__ACTIVITY__
Read through the data, and wherever a line holds the word "given", write that line out.

** Opening INPUT block **

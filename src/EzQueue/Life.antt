-- ===== src/EzQueue/Life.antt =====
-- `ezq_init`, and `ezq_clear`, which empties a queue through a callback.
use native.Mathlib.Decide.{dec_lt}
use mathlib.Core.List.{foldl}
use multithreaded_c_server.Common.{
  ℕ, zero, suc, ◌≤◌, ◌<◌, ◌≡◌, refl, ap, sym, ◌∙◌, Option, none, some, List, [], ◌∷◌, lt→ltb, arith,
  Ptr, Malloc, MallocLaw, null, success, uint16_max, get_or, ◌==◌, if◌then◌else◌, ltb, Bool-cases,
  inl, inr, ◌≢◌, ◌⊎◌, failure, Option-cases,
}
use multithreaded_c_server.EzQueue.{EzQueue, init, clear, clear_loop, release, drop_head}
use multithreaded_c_server.EzQueue.Contents.{IsValid, contents, items}
use multithreaded_c_server.EzQueue.Take.{
  contents-head, drop_head-IsValid, dequeue_object_lem, num_items-drop_head, max_items-drop_head,
}

-- With a size other than 0 and memory for it, the queue is made, valid and empty.
pub init-made :
    (malloc : Malloc Ptr) (q : EzQueue) (max_items : ℕ) {block : List Ptr}
    → MallocLaw malloc
    → 0 < max_items
    → max_items ≤ uint16_max
    → malloc max_items ≡ some block
    → (q' : EzQueue) × (init malloc (some q) max_items ≡ (success, some q'))
      × IsValid q'
      × (contents q' ≡ [])
      × (q'.max_items ≡ max_items)
unfolding init
init-made malloc q max_items {block} law pos small e = (fresh, ground arith, valid, refl, refl)
  where
    fresh : EzQueue
    fresh = record {
      pp_buf = block;
      num_items = 0;
      max_items = max_items;
      idx_head = uint16_max;
      idx_tail = uint16_max;
    }

    valid : IsValid fresh
    valid = record {
      storage = law _ _ e;
      positive = pos;
      fits = small;
      count = omega arith;
      resting = λ _. (refl, refl);
      head_in = λ absent. absurd (omega arith);
      tail_at = λ absent. absurd (omega arith);
    }

-- `ezq_init` accepts exactly the sizes other than 0 for which malloc has memory. What it accepts
-- is valid and empty, with the size that was asked for; a refusal leaves the queue as it was.
-- malloc gives as many slots as it is asked for; the size fits in 16 bits.
pub init-IsValid :
    (malloc : Malloc Ptr) (q : EzQueue) (max_items : ℕ)
    → MallocLaw malloc
    → max_items ≤ uint16_max
    → ((max_items ≢ 0)
        × (malloc max_items ≢ none)
        × (q' : EzQueue) × (init malloc (some q) max_items ≡ (success, some q'))
        × IsValid q'
        × (contents q' ≡ [])
        × (q'.max_items ≡ max_items))
      ⊎ (((max_items ≡ 0) ⊎ (malloc max_items ≡ none))
          × (init malloc (some q) max_items ≡ (failure, some q)))
unfolding init
init-IsValid malloc q zero law small = inr (inl refl, refl)
init-IsValid malloc q (suc n) law small = elim (Option-cases (malloc (suc n))) [
  | inl full ↦ inr (inr full, ground arith)
  | inr (block, given) ↦
      let (q', made, valid, empty, size) =
        init-made malloc q (suc n) law (omega arith) small given in
      inl ((λ e. omega arith), (λ full. ground arith), q', made, valid, empty, size)
]

abbrev pub non_null : List Ptr → List Ptr
non_null [] = []
non_null (x ∷ xs) = if x == null then non_null xs else x ∷ non_null xs

-- The callback made on each item of a list that is not NULL, in order.
abbrev pub notify {ℓ} : {S : Type ℓ} → Option (Ptr → S → S) → List Ptr → S → S
notify none xs s = s
notify (some f) xs s = foldl (λ t x. f x t) s (non_null xs)

notify-cons :
    {S : Type 0} (free_func : Option (Ptr → S → S)) (x : Ptr) (xs : List Ptr) (s : S)
    → notify free_func (x ∷ xs) s ≡ notify free_func xs (release free_func x s)
unfolding release
notify-cons none x xs s = refl
notify-cons (some f) x xs s = elim (Bool-cases (x == null)) [ inl e ↦ rw e | inr e ↦ rw e ]

notify-nil : {S : Type 0} (free_func : Option (Ptr → S → S)) (s : S) → notify free_func [] s ≡ s
notify-nil none s = refl
notify-nil (some f) s = refl

module _ {S : Type 0} (free_func : Option (Ptr → S → S)) where
  -- What the clearing of `q` from the state `s` leaves.
  abbrev pub Clears : EzQueue → S → Option (EzQueue × S) → Type 0
  Clears q s out =
      (q' : EzQueue) × (out ≡ some (q', notify free_func (contents q) s))
      × IsValid q'
      × (contents q' ≡ [])
      × (q'.max_items ≡ q.max_items)

  clear_loop-Clears :
      (fuel : ℕ) {q : EzQueue} (s : S)
      → IsValid q
      → q.num_items < fuel
      → Clears q s (clear_loop free_func fuel q s)
  unfolding clear_loop
  clear_loop-Clears zero s v enough = absurd (omega arith)
  clear_loop-Clears (suc fuel) {q} s v enough = elim (dec_lt 0 q.num_items) [
    | yes some_left ↦
        let (q', e, w, gone, same) =
          clear_loop-Clears fuel {q = drop_head q}
            (release free_func (get_or q.pp_buf q.idx_head 0) s) (drop_head-IsValid v some_left)
            (omega (arith, num_items-drop_head v some_left)) in
        (
          q',
          rw (lt→ltb 0 q.num_items some_left, dequeue_object_lem null v some_left)
              (e
                ∙ ap (λ t. some (q', t))
                    (sym (
                      ap (λ xs. notify free_func xs s) (contents-head v some_left)
                      ∙ notify-cons free_func (get_or q.pp_buf q.idx_head 0)
                          (contents (drop_head q)) s))),
          w,
          gone,
          same ∙ max_items-drop_head q,
        )
    | no none_left ↦
        let e : q.num_items ≡ 0 = omega arith in
        let gone : contents q ≡ [] = ap (λ n. items q.pp_buf q.max_items q.idx_head n 0) e in
        (
          q,
          rw (ap (ltb 0) e) (
              ap (λ t. some (q, t))
                (sym (ap (λ xs. notify free_func xs s) gone ∙ notify-nil free_func s))),
          v,
          gone,
          refl,
        )
  ]

  -- `ezq_clear` ends, calls `free_func` on the items that are not NULL in the order of the queue
  -- and on nothing else, and leaves a valid empty queue of the same capacity.
  pub clear_lem :
      {q : EzQueue} (s : S)
      → IsValid q
      → (q' : EzQueue) × (clear free_func (some q) s
          ≡ some (success, some q', notify free_func (contents q) s))
        × IsValid q'
        × (contents q' ≡ [])
        × (q'.max_items ≡ q.max_items)
  unfolding clear
  clear_lem {q} s v =
      let (q', e, w, gone, same) = clear_loop-Clears (suc q.num_items) s v (omega arith) in
      (q', rw e, w, gone, same)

** Closing INPUT block **

__SOLVED PROBLEM__
  | inr (block, given) ↦
        init-made malloc q (suc n) law (omega arith) small given in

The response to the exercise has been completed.